Description
Is your feature request related to a problem?
In R there is the pipe operator "%>%" which applies the function after the operator on the data before the operator. Pandas also follows this philosophy of method chaining. There is also a pipe function. Here is a good comparison of R vs pandas: https://stmorse.github.io/journal/tidyverse-style-pandas.html
Pandas is missing a stylish pipe operator.
Describe the solution you'd like
In [1]: import pandas as pd
...: import numpy as np
...:
...: def pipe(self, func):
...: return func(self)
...:
...: pd.DataFrame.__rshift__ = pipe
...: pd.Series.__rshift__ = pipe
In [2]: df = pd.DataFrame({"A": [0, 1], "B": [2, 3]})
...: df
Out[2]:
A B
0 0 2
1 1 3
The old style. Execution from right to left or with pipe function.
In [3]: np.mean(np.sum(df))
Out[3]: 3.0
In [4]: df.pipe(np.sum).pipe(np.mean)
Out[4]: 3.0
With the pipe operator. Execution from left to right with pipe operator.

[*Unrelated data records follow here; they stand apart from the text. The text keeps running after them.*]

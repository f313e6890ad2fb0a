-- ===== src/Evaluation/Matching.antt =====
-- The partial matches of quality_evaluation.py.
use caikit.Common.{String, Bool, ◌||◌, nat_eq}

module _ (part_of : String → String → Bool) where
  -- One of the two phrases is part of the other, as a whole.
  abbrev pub match_partly : String → String → Bool
  match_partly gold pred = part_of pred gold || part_of gold pred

In [5]: df >> np.sum >> np.mean
Out[5]: 3.0
In [6]: df >> print
A B
0 0 2
1 1 3
I think the pipe operator makes it much more minimal.
API breaking implications
See above.
Describe alternatives you've considered
I picked the binary shift operator, because it is not currently used within pandas. I think it resembles a pipe the best.
Additional context
This does not work out of the box if the function takes additional argumements. One could use a lambda function, but that does not look clean. I think this is also the bigget downfall of this proposal.